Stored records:
↓↓↓
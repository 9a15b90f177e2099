-- ===== src/Security/Paths/Decision.antt =====
-- Which paths are accepted.
use runixo_agent.Prelude.{
  ◌≡◌, ◌↔◌, inl, inr, refl, sym, ap, ◌∙◌, Bool, true, false, not, ◌&&◌, Option, none, some, List,
  [], ◌∷◌, ◌++◌, Text, codes, All, text_eq, text_eq_iff, has_prefix, has_prefix_sound,
  has_prefix_complete, contains, contains_iff, Occurs, Bool-cases, guard_iff, or_else, then_iff,
  if◌then◌else◌, arith,
}
use mathlib.Core.Path.{subst}
use runixo_agent.Security.Config.{SecurityConfig}
use runixo_agent.Security.Path.{is_abs, clean}
use runixo_agent.Security.Path.Rooted.{clean_rooted}
use runixo_agent.Security.Path.Relative.{is_abs-clean}
use runixo_agent.Security.Paths.{
  PathError, traversal, not_absolute, write_restricted, forbidden, link_forbidden, find_prefix,
  check_real, validate_path, validate_path_for_write, write_restricted_paths, sanitize_path,
}

-- No text of the list is a prefix of the path.
abbrev pub HasNone : List Text → Text → Type 0
HasNone prefixes path = All (λ p. ¬ ((rest : Text) × (path ≡ p ++ rest))) prefixes

has_prefix_iff : (s p : Text) → (has_prefix s p ≡ true) ↔ ((rest : Text) × (s ≡ p ++ rest))
has_prefix_iff s p =
    (has_prefix_sound s p, λ h. ap (λ t. has_prefix t p) h.1 ∙ has_prefix_complete p h.0)

pub find_prefix_iff :
    (error : Text → PathError) (prefixes : List Text) (path : Text)
    → (find_prefix error prefixes path ≡ none) ↔ HasNone prefixes path
unfolding find_prefix
find_prefix_iff error [] path = (λ h. tt, λ h. refl)
find_prefix_iff error (p ∷ ps) path =
    guard_iff (has_prefix path p) (error p) (has_prefix_iff path p) (find_prefix_iff error ps path)

-- The path that counts: where the links lead, if that can be found out.
abbrev pub effective : Text → Option Text → Text
effective clean_path none = clean_path
effective clean_path (some real) = real

check_real_iff :
    (config : SecurityConfig) (clean_path : Text) (real : Option Text)
    → (check_real config clean_path real ≡ none)
      ↔ HasNone config.forbidden_paths (effective clean_path real)
unfolding check_real
check_real_iff config clean_path none = find_prefix_iff forbidden config.forbidden_paths clean_path
check_real_iff config clean_path (some real) = by_test (text_eq real clean_path) refl
  where
    by_test :
        (b : Bool)
        → text_eq real clean_path ≡ b
        → ((if b
              then find_prefix forbidden config.forbidden_paths clean_path
              else or_else
                  (find_prefix link_forbidden config.forbidden_paths real)
                  (find_prefix forbidden config.forbidden_paths real))
            ≡ none)
          ↔ HasNone config.forbidden_paths real
    by_test true e =
        subst
          (λ p.
            (find_prefix forbidden config.forbidden_paths clean_path ≡ none)
            ↔ HasNone config.forbidden_paths p)
          (sym ((text_eq_iff real clean_path).0 e))
          (find_prefix_iff forbidden config.forbidden_paths clean_path)
    by_test false e =
        let h =
          then_iff (find_prefix link_forbidden config.forbidden_paths real)
            (find_prefix_iff link_forbidden config.forbidden_paths real)
            (find_prefix_iff forbidden config.forbidden_paths real) in
        (λ x. (h.0 x).0, λ x. h.1 (x, x))

module _ (eval_symlinks : Text → Option Text) (config : SecurityConfig) where
  -- A path may be read exactly when it is absolute, `..` is not left in it after cleaning, and no
  -- forbidden path is a prefix of what it leads to: the target of the symbolic links, or the
  -- cleaned path where that cannot be found out. The allowed paths of the configuration have no
  -- part in it.
  pub validate_path_iff :
      (path : Text)
      → (validate_path eval_symlinks config path ≡ none) ↔ (
          (is_abs path ≡ true)
          × (¬ (Occurs (codes "..") path × Occurs (codes "..") (clean path)))
          × HasNone config.forbidden_paths (effective (clean path) (eval_symlinks (clean path))))
  unfolding validate_path
  validate_path_iff path = (
    λ x. let (n, (a, f)) = checks.0 x in (absolute (is_abs path) refl a, n, f),
    λ (a, n, f). checks.1 (n, (λ e. ground (arith, a, is_abs-clean path), f)),
  )
    where
      dots :
          ((contains path (codes "..") && contains (clean path) (codes "..")) ≡ true)
          ↔ (Occurs (codes "..") path × Occurs (codes "..") (clean path))
      dots = (
        λ h. (
          (contains_iff path (codes "..")).0 (ground arith),
          (contains_iff (clean path) (codes "..")).0 (ground arith),
        ),
        λ h. ground (
          arith,
          (contains_iff path (codes "..")).1 h.0,
          (contains_iff (clean path) (codes "..")).1 h.1,
        ),
      )

      checks : (validate_path eval_symlinks config path ≡ none) ↔ (
          (¬ (Occurs (codes "..") path × Occurs (codes "..") (clean path)))
          × ((¬ (not (is_abs (clean path)) ≡ true))
              × HasNone config.forbidden_paths
                  (effective (clean path) (eval_symlinks (clean path)))))
      checks =
          guard_iff (contains path (codes "..") && contains (clean path) (codes "..")) traversal
            dots
            (guard_iff (not (is_abs (clean path))) not_absolute (λ h. h, λ h. h)
              (check_real_iff config (clean path) (eval_symlinks (clean path))))

      absolute :
          (b : Bool) → is_abs path ≡ b → ¬ (not (is_abs (clean path)) ≡ true) → is_abs path ≡ true
      absolute true e n = e
      absolute false e n = absurd (ground (arith, is_abs-clean path, e, n))

  -- A path may be written exactly when it may be read and no restricted path is a prefix of the
  -- cleaned path.
  validate_path_for_write_iff :
      (path : Text)
      → (validate_path_for_write eval_symlinks config path ≡ none) ↔ (
          (validate_path eval_symlinks config path ≡ none)
          × HasNone write_restricted_paths (clean path))
  unfolding validate_path_for_write
  validate_path_for_write_iff path =
      then_iff (validate_path eval_symlinks config path) (λ h. h, λ h. h)
        (find_prefix_iff write_restricted write_restricted_paths (clean path))

  -- A link with an absolute name, no `..` and no restricted prefix may be written, wherever it
  -- leads, unless a forbidden path is a prefix of its target: the restricted paths do not count
  -- for the target.
  pub write_through_link :
      (path target : Text)
      → eval_symlinks (clean path) ≡ some target
      → is_abs path ≡ true
      → ¬ Occurs (codes "..") path
      → HasNone config.forbidden_paths target
      → HasNone write_restricted_paths (clean path)
      → validate_path_for_write eval_symlinks config path ≡ none
  write_through_link path target e a n f r = (validate_path_for_write_iff path).1 (
    (validate_path_iff path).1 (
      a,
      λ o. n o.0,
      subst (λ real. HasNone config.forbidden_paths (effective (clean path) real)) (sym e) f,
    ),
    r,
  )

-- A path is sanitized exactly when it is absolute and `..` does not occur in it after cleaning;
-- the result is the cleaned path. Sanitizing the cleaned path has the same result.
sanitize_path_lem :
    (path result : Text)
    → ((sanitize_path path ≡ some result)
        ↔ ((is_abs path ≡ true) × (¬ Occurs (codes "..") (clean path)) × (result ≡ clean path)))
      × (sanitize_path (clean path) ≡ sanitize_path path)
unfolding sanitize_path
sanitize_path_lem path result = ((forth, back), again (is_abs path) refl)
  where
    by_tests :
        (a d : Bool)
        → is_abs (clean path) ≡ a
        → contains (clean path) (codes "..") ≡ d
        → (if not a then none else if d then none else some (clean path)) ≡ some result
        → (is_abs path ≡ true) × (¬ Occurs (codes "..") (clean path)) × (result ≡ clean path)
    by_tests false d f g h = absurd cc
    by_tests true true f g h = absurd cc
    by_tests true false f g h = (
      sym (is_abs-clean path) ∙ f,
      (λ o. absurd (ground (arith, g, (contains_iff (clean path) (codes "..")).1 o))),
      cc,
    )

    forth :
        sanitize_path path ≡ some result
        → (is_abs path ≡ true) × (¬ Occurs (codes "..") (clean path)) × (result ≡ clean path)
    forth h = by_tests (is_abs (clean path)) (contains (clean path) (codes "..")) refl refl h

    accepts :
        (c : Text)
        → is_abs c ≡ true
        → ¬ Occurs (codes "..") c
        → (if not (is_abs c) then none else if contains c (codes "..") then none else some c)
          ≡ some c
    accepts c a n = elim (Bool-cases (contains c (codes ".."))) [
      | inl d ↦ absurd (n ((contains_iff c (codes "..")).0 d))
      | inr d ↦ ground arith
    ]

    back :
        (is_abs path ≡ true) × (¬ Occurs (codes "..") (clean path)) × (result ≡ clean path)
        → sanitize_path path ≡ some result
    back (a, n, e) = accepts (clean path) (is_abs-clean path ∙ a) n ∙ ap some (sym e)

    tests : Text → Option Text
    tests c = if not (is_abs c) then none else if contains c (codes "..") then none else some c

    again : (a : Bool) → is_abs path ≡ a → tests (clean (clean path)) ≡ tests (clean path)
    again true e = ap tests (clean_rooted path e).3
    again false e =
        refused (clean (clean path)) (is_abs-clean (clean path) ∙ (is_abs-clean path ∙ e))
        ∙ sym (refused (clean path) (is_abs-clean path ∙ e))
      where
        refused : (c : Text) → is_abs c ≡ false → tests c ≡ none
        refused c h = ground arith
↑↑↑
Activity = What lines above contain "HasNone"? Copy them out.

Result of this exercise =
abbrev pub HasNone : List Text → Text → Type 0
HasNone prefixes path = All (λ p. ¬ ((rest : Text) × (path ≡ p ++ rest))) prefixes
    → (find_prefix error prefixes path ≡ none) ↔ HasNone prefixes path
      ↔ HasNone config.forbidden_paths (effective clean_path real)
          ↔ HasNone config.forbidden_paths real
            ↔ HasNone config.forbidden_paths p)
          × HasNone config.forbidden_paths (effective (clean path) (eval_symlinks (clean path))))
              × HasNone config.forbidden_paths
          × HasNone write_restricted_paths (clean path))
      → HasNone config.forbidden_paths target
      → HasNone write_restricted_paths (clean path)
      subst (λ real. HasNone config.forbidden_paths (effective (clean path) real)) (sym e) f,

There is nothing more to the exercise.